My next test will be my practice Brisket. we shall see....
More pictures please.
 
Last edited:
Welcome to SMF. You may want to get a few more cooks in before the brisket. are thinking a full packer or??
 
Hi,
I'm a newbie who just bought a cheepo charcoal off set grill. I'm doing a crash course as I am planning on smoking a brisket for a gathering in three week. I have been "eating up" the information on this board. Thank you.

My first attempt was smoking a salmon, which ended up tasting great, despite my temperature fluctuations. Trying to stay low, 175 early and up to 225 later worked for the most part (except when i let the fire go out :(. Oh well. I was playing with charcoal and apple wood chunks.

My next test will be my practice Brisket. we shall see....
Hi there and welcome!
A good way to practice for brisket is to do a Pork Butt/Shoulder.
  • This will educate you on how your smoker behaves on a long smoke.
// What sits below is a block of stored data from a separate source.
-- ===== src/Assurance/Counting.antt =====
-- What the loop over the reports has counted, where it returns (factory/assurance_pod/validator.py).
use ai_factory.Base.{
  String, Bool, true, false, not, ◌≡◌, refl, ap, sym, ◌∙◌, Option, some, List, [], ◌∷◌, ◌++◌, ⊤,
  map, if◌then◌else◌, ◌==◌, ◌⊎◌, inl, inr, Among, Bool-cases, eq_iff, contains, some-injective,
}
use mathlib.Core.List.{append_assoc, append-nil}
use ai_factory.Base.Result.{Result, ok, err, raise_if, >>=-eq-ok, ◌>>◌}
use ai_factory.Assurance.{
  AssuranceReport, AssuranceError, mission_mismatch, not_independent, duplicate_reviewer,
  duplicate_report, validate_report,
}
use ai_factory.Assurance.Validator.{Tally, blocking_of, counted, count_report, count_reports}

-- A report that the gate takes, of this mission and not by an implementer.
pub record IsTaken (mission_id : String) (implementers : List String) (r : AssuranceReport)
    : Type 0 where
  pub valid : validate_report r ≡ ok tt
  pub of_mission : r.mission_id ≡ mission_id
  pub independent : contains r.reviewer_agent implementers ≡ false

abbrev pub AllTaken : String → List String → List AssuranceReport → Type 0
AllTaken mission_id implementers [] = ⊤
AllTaken mission_id implementers (r ∷ rs) =
    IsTaken mission_id implementers r × AllTaken mission_id implementers rs

-- No report has a blocking finding.
abbrev pub NoneBlocking : List AssuranceReport → Type 0
NoneBlocking [] = ⊤
NoneBlocking (r ∷ rs) = (blocking_of r ≡ []) × NoneBlocking rs

abbrev pub reviewers_of : List AssuranceReport → List String
reviewers_of rs = map (λ (r : AssuranceReport). r.reviewer_agent) rs

abbrev pub all_blocking : List AssuranceReport → List String
all_blocking [] = []
all_blocking (r ∷ rs) = blocking_of r ++ all_blocking rs

pub append-nil_parts : {A : Type 0} (xs ys : List A) → xs ++ ys ≡ [] → (xs ≡ []) × (ys ≡ [])
append-nil_parts [] ys h = (refl, h)
append-nil_parts (x ∷ xs) ys h = absurd (cc h)

pub all_blocking-nil : (rs : List AssuranceReport) → all_blocking rs ≡ [] → NoneBlocking rs
all_blocking-nil [] h = tt
all_blocking-nil (r ∷ rs) h =
    let (here, rest) = append-nil_parts (blocking_of r) (all_blocking rs) h in
    (here, all_blocking-nil rs rest)

-- A check and four tests that have let a value through.
pub let_through :
    {A : Type 0} (first : Result AssuranceError ⊤) (b c d e : Bool) (w x y z : AssuranceError)
    (v : A) {u : A}
    → (first >> (raise_if b w >> (raise_if c x >> (raise_if d y >> (raise_if e z >> ok v))))) ≡ ok u
    → (first ≡ ok tt) × (b ≡ false) × (c ≡ false) × (v ≡ u)
let_through (err g) b c d e w x y z v h = absurd (cc h)
let_through (ok q) true c d e w x y z v h = absurd (cc h)
let_through (ok q) false true d e w x y z v h = absurd (cc h)
let_through (ok q) false false true e w x y z v h = absurd (cc h)
let_through (ok q) false false false true w x y z v h = absurd (cc h)
let_through (ok q) false false false false w x y z v h = (refl, refl, refl, cc)

pub not-false : (b : Bool) → not b ≡ false → b ≡ true
not-false true h = refl
not-false false h = cc

pub ok-injective : {A : Type 0} {a b : A} → ◌≡◌ {A = Result AssuranceError A} (ok a) (ok b) → a ≡ b
ok-injective h = cc

-- One round of the loop that returned.
module _ (mission_id : String) (implementers : List String) where
  record IsCounted (r : AssuranceReport) (t u : Tally) : Type 0 where
    taken : IsTaken mission_id implementers r
    reviewers : u.reviewers ≡ t.reviewers ++ r.reviewer_agent ∷ []
    blocking : u.blocking ≡ t.blocking ++ blocking_of r
    qa : u.qa_report ≡ (if r.reviewer_agent == "A10-QA" then some r else t.qa_report)

  count_report-IsCounted :
      (r : AssuranceReport) (t : Tally) {u : Tally}
      → count_report mission_id implementers r t ≡ ok u
      → IsCounted r t u
  unfolding count_report
  count_report-IsCounted r t {u} h =
      let (valid, same, independent, made) =
        let_through (validate_report r) (not (r.mission_id == mission_id))
          (contains r.reviewer_agent implementers) (contains r.reviewer_agent t.reviewers)
          (contains r.report_id t.report_ids) mission_mismatch (not_independent r.reviewer_agent)
          (duplicate_reviewer r.reviewer_agent) (duplicate_report r.report_id) (counted r t) h in
      record {
        taken = record {
          valid = valid;
          of_mission =
              (eq_iff r.mission_id mission_id).0 (not-false (r.mission_id == mission_id) same);
          independent = independent;
        };
        reviewers = ap (λ (t : Tally). t.reviewers) (sym made);
        blocking = ap (λ (t : Tally). t.blocking) (sym made);
        qa = ap (λ (t : Tally). t.qa_report) (sym made);
      }

  -- What the loop leaves.
  pub record AllCounted (rs : List AssuranceReport) (t u : Tally) : Type 0 where
    pub taken : AllTaken mission_id implementers rs
    pub reviewers : u.reviewers ≡ t.reviewers ++ reviewers_of rs
    pub blocking : u.blocking ≡ t.blocking ++ all_blocking rs
    pub qa :
        (r : AssuranceReport)
        → u.qa_report ≡ some r
        → (Among r rs × (r.reviewer_agent ≡ "A10-QA")) ⊎ (t.qa_report ≡ some r)

  qa_of_round :
      (r q : AssuranceReport) (old : Option AssuranceReport)
      → (if r.reviewer_agent == "A10-QA" then some r else old) ≡ some q
      → ((q ≡ r) × (q.reviewer_agent ≡ "A10-QA")) ⊎ (old ≡ some q)
  qa_of_round r q old h = elim (Bool-cases (r.reviewer_agent == "A10-QA")) [
    | inl mine ↦
        let same : q ≡ r = some-injective (sym h ∙ ap (λ b. if b then some r else old) mine) in
        inl (
          same,
          ap (λ (r : AssuranceReport). r.reviewer_agent) same
              ∙ (eq_iff r.reviewer_agent "A10-QA").0 mine,
        )
    | inr other ↦ inr (ap (λ b. if b then some r else old) (sym other) ∙ h)
  ]

  pub count_reports-AllCounted :
      (rs : List AssuranceReport) (t : Tally) {u : Tally}
      → count_reports mission_id implementers rs t ≡ ok u
      → AllCounted rs t u
  unfolding count_reports
  count_reports-AllCounted [] t {u} h =
      let same : t ≡ u = ok-injective h in
      record {
        taken = tt;
        reviewers = ap (λ (t : Tally). t.reviewers) (sym same) ∙ sym (append-nil t.reviewers);
        blocking = ap (λ (t : Tally). t.blocking) (sym same) ∙ sym (append-nil t.blocking);
        qa = λ r e. inr (ap (λ (t : Tally). t.qa_report) same ∙ e);
      }
  count_reports-AllCounted (r ∷ rs) t {u} h =
      let (mid, first, rest) =
        >>=-eq-ok (count_report mission_id implementers r t)
          (count_reports mission_id implementers rs) h in
      let one = count_report-IsCounted r t first in
      let others = count_reports-AllCounted rs mid rest in
      record {
        taken = (one.taken, others.taken);
        reviewers =
            others.reviewers
            ∙ ap (λ l. l ++ reviewers_of rs) one.reviewers
            ∙ append_assoc t.reviewers (r.reviewer_agent ∷ []) (reviewers_of rs);
        blocking =
            others.blocking
            ∙ ap (λ l. l ++ all_blocking rs) one.blocking
            ∙ append_assoc t.blocking (blocking_of r) (all_blocking rs);
        qa = λ q e. elim (others.qa q e) [
          | inl (among, role) ↦ inl (inr among, role)
          | inr earlier ↦ elim (qa_of_round r q t.qa_report (sym one.qa ∙ earlier)) [
            | inl (same, role) ↦ inl (inl same, role)
            | inr before ↦ inr before
          ]
        ];
      }
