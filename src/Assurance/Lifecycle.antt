-- ===== src/Assurance/Lifecycle.antt =====
-- factory/assurance_pod/lifecycle.py: the cycles of review and correction, and the gate on a release. Of
-- factory/engineering_pod/integration.py, the manifest that is reviewed. `digest` stands for the SHA-256
-- of the canonical JSON of a manifest, which holds all its fields.
use ai_factory.Base.{
  ℕ, ◌+◌, String, Bool, true, false, not, ◌&&◌, ◌||◌, List, ⊤, map, ltb, leb, ◌==◌, is_nil,
  is_empty, any, is_unique,
}
use ai_factory.Base.Result.{Result, ok, raise_if, ◌>>=◌, ◌>>◌}
use ai_factory.Assurance.{
  Status, is_passed, AssuranceDecision, AssuranceError, mission_mismatch, pass_with_blocking,
  changes_without_blocking, manifest_mission_required, package_order_empty, duplicate_packages,
  duplicate_paths, duplicate_verifications, duplicate_artifacts, artifact_fields_required,
  max_attempts_too_small, cycle_identity_required, attempt_too_small, remediation_identity_required,
  remediation_without_findings, stale_assurance, remediation_not_required, budget_exhausted,
  no_subject_change, blocked_release, subject_changed, validate_decision,
}

pub record IntegratedArtifact : Type 0 where
  pub artifact_name : String
  pub owner_package_id : String

pub record IntegrationManifest : Type 0 where
  pub mission_id : String
  pub package_order : List String
  pub artifacts : List IntegratedArtifact
  pub changed_paths : List String
  pub verification_ids : List String

-- `IntegrationManifest.validate`
unfoldable pub validate_manifest : IntegrationManifest → Result AssuranceError ⊤
validate_manifest m = do
  raise_if (is_empty m.mission_id) manifest_mission_required
  raise_if (is_nil m.package_order) package_order_empty
  raise_if (not (is_unique m.package_order)) duplicate_packages
  raise_if (not (is_unique m.changed_paths)) duplicate_paths
  raise_if (not (is_unique m.verification_ids)) duplicate_verifications
  raise_if (not (is_unique (map (λ (a : IntegratedArtifact). a.artifact_name) m.artifacts)))
      duplicate_artifacts
  raise_if
      (any (λ (a : IntegratedArtifact). is_empty a.artifact_name || is_empty a.owner_package_id)
        m.artifacts)
      artifact_fields_required

pub record AssuranceCycleRecord : Type 0 where
  pub cycle_id : String
  pub mission_id : String
  pub attempt : ℕ
  pub subject_fingerprint : String
  pub decision_status : Status
  pub blocking_finding_ids : List String
  pub stale : Bool

-- `AssuranceCycleRecord.validate`
unfoldable pub validate_cycle : AssuranceCycleRecord → Result AssuranceError ⊤
validate_cycle c = do
  raise_if (is_empty c.cycle_id || (is_empty c.mission_id || is_empty c.subject_fingerprint))
      cycle_identity_required
  raise_if (ltb c.attempt 1) attempt_too_small
  raise_if (is_passed c.decision_status && not (is_nil c.blocking_finding_ids)) pass_with_blocking
  raise_if (not (is_passed c.decision_status) && is_nil c.blocking_finding_ids)
      changes_without_blocking

pub record RemediationRequest : Type 0 where
  pub mission_id : String
  pub from_cycle_id : String
  pub subject_fingerprint : String
  pub blocking_finding_ids : List String

-- `RemediationRequest.validate`
unfoldable pub validate_request : RemediationRequest → Result AssuranceError ⊤
validate_request q = do
  raise_if (is_empty q.mission_id || (is_empty q.from_cycle_id || is_empty q.subject_fingerprint))
      remediation_identity_required
  raise_if (is_nil q.blocking_finding_ids) remediation_without_findings

-- `AssuranceLifecycle.__init__`, which keeps the number.
unfoldable pub new_lifecycle : ℕ → Result AssuranceError ℕ
new_lifecycle max_attempts = do
  raise_if (ltb max_attempts 1) max_attempts_too_small
  ok max_attempts

unfoldable pub remediation_request : AssuranceCycleRecord → Result AssuranceError RemediationRequest
remediation_request c = do
  validate_cycle c
  raise_if c.stale stale_assurance
  raise_if (is_passed c.decision_status) remediation_not_required
  let request : RemediationRequest = record {
    mission_id = c.mission_id;
    from_cycle_id = c.cycle_id;
    subject_fingerprint = c.subject_fingerprint;
    blocking_finding_ids = c.blocking_finding_ids;
  }
  validate_request request
  ok request

module _ (digest : IntegrationManifest → String) where
  unfoldable pub integration_fingerprint : IntegrationManifest → Result AssuranceError String
  integration_fingerprint m = do validate_manifest m; ok (digest m)

  abbrev pub cycle_of :
      String → IntegrationManifest → AssuranceDecision → ℕ → String → AssuranceCycleRecord
  cycle_of cycle_id m d attempt fingerprint = record {
    cycle_id = cycle_id;
    mission_id = m.mission_id;
    attempt = attempt;
    subject_fingerprint = fingerprint;
    decision_status = d.status;
    blocking_finding_ids = d.blocking_finding_ids;
    stale = false;
  }

  -- `record`
  unfoldable pub record_cycle :
      String
      → IntegrationManifest
      → AssuranceDecision
      → ℕ
      → Result AssuranceError AssuranceCycleRecord
  record_cycle cycle_id m d attempt = do
    validate_decision d
    raise_if (not (d.mission_id == m.mission_id)) mission_mismatch
    fingerprint ← integration_fingerprint m
    let cycle = cycle_of cycle_id m d attempt fingerprint
    validate_cycle cycle
    ok cycle

  unfoldable pub re_review :
      ℕ
      → AssuranceCycleRecord
      → IntegrationManifest
      → AssuranceDecision
      → String
      → Result AssuranceError (AssuranceCycleRecord × AssuranceCycleRecord)
  re_review max_attempts previous corrected d cycle_id = do
    validate_cycle previous
    raise_if previous.stale stale_assurance
    raise_if (is_passed previous.decision_status) remediation_not_required
    raise_if (leb max_attempts previous.attempt) budget_exhausted
    raise_if (not (corrected.mission_id == previous.mission_id)) mission_mismatch
    fingerprint ← integration_fingerprint corrected
    raise_if (fingerprint == previous.subject_fingerprint) no_subject_change
    current ← record_cycle cycle_id corrected d (previous.attempt + 1)
    ok (record previous { stale = true }, current)

  unfoldable pub assert_release_ready :
      AssuranceCycleRecord → IntegrationManifest → Result AssuranceError ⊤
  assert_release_ready c m = do
    validate_cycle c
    raise_if c.stale stale_assurance
    raise_if (not (is_passed c.decision_status)) blocked_release
    fingerprint ← integration_fingerprint m
    raise_if (not (c.subject_fingerprint == fingerprint)) subject_changed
Pork butts and briskets don't care what temp you smoke them at as long as you aren't burning them
  • You will also learn what your process(es) may need to do such a long smoke.
  • You will gain some much needed experience on how to time such a long smoke. At a steady 275F with a never wrapped hunk of meat I get like 1hr, 5-10min per pound before it may be ready and tenderness testing tells me when it is ready. Other temps
  • You will get to practice tenderness testing for readiness on a pork butt just like a brisket.
  • This means you will also get to see how your BBQ thermometer prove reports temps back to you and how you may or may not have nailed the best place to put the probe on the pork butt
  • You will get to rest a large piece of meat and see how well it holds temps for hours (I tightly double wrap in foil and then tightly wrap in 3 bath towels and set on the table; 4hrs later I unwrap and pull/cut and it is steaming hot!) - this part for me was a "see it to believe it" experience that was true but I needed to see it to believe it haha
  • Finally, pork butts are waaaaaaay less expensive than briskets. Try to get a 10lb or anything 8lbs or heavier. Having a vac sealer is good so you can vac seal up so much meat and practice on another one.
If you do all of this with a pork but you gain a ton of experience on the same things you would do for a brisket WITHOUT forking out big bucks.
Once you nail the pork butt (3 attempts or so?) you can run a test brisket.

Briskets have all of the above to deal with and more because you have to trim a brisket and then hope you get the probe placed well in the thickest yet center most portion of the FLAT muscle (never the Point).

Plus trimming a brisket matters. Not so much removing fat but removing good thin meat from it so it doesnt burn up and what is left cooks evenly. You repurpose the good meat. Basically if you cut the "deckel" fat out by 75% or more then that is honestly the only fat trimming that "needs" to be done with a brisket. Too much fat left on is rarely an issue but too much cut away is definitely an issue so you can always just let it roll with what it has BUT losing good thin meat is horrible.

So to sum it up. I highly highly suggest practicing with 2-3 pork butts and then all you have to focus on learning about are the quirks specific to a brisket because you will know how a long smoke on a big chunk of meat goes with your setup and what you need to do to increase success :)

I hope this info helps :D
 
Welcome aboard happy to have ya join the fun. Be careful sometimes smaller briskets are harder to cook then the larger ones(especially flats).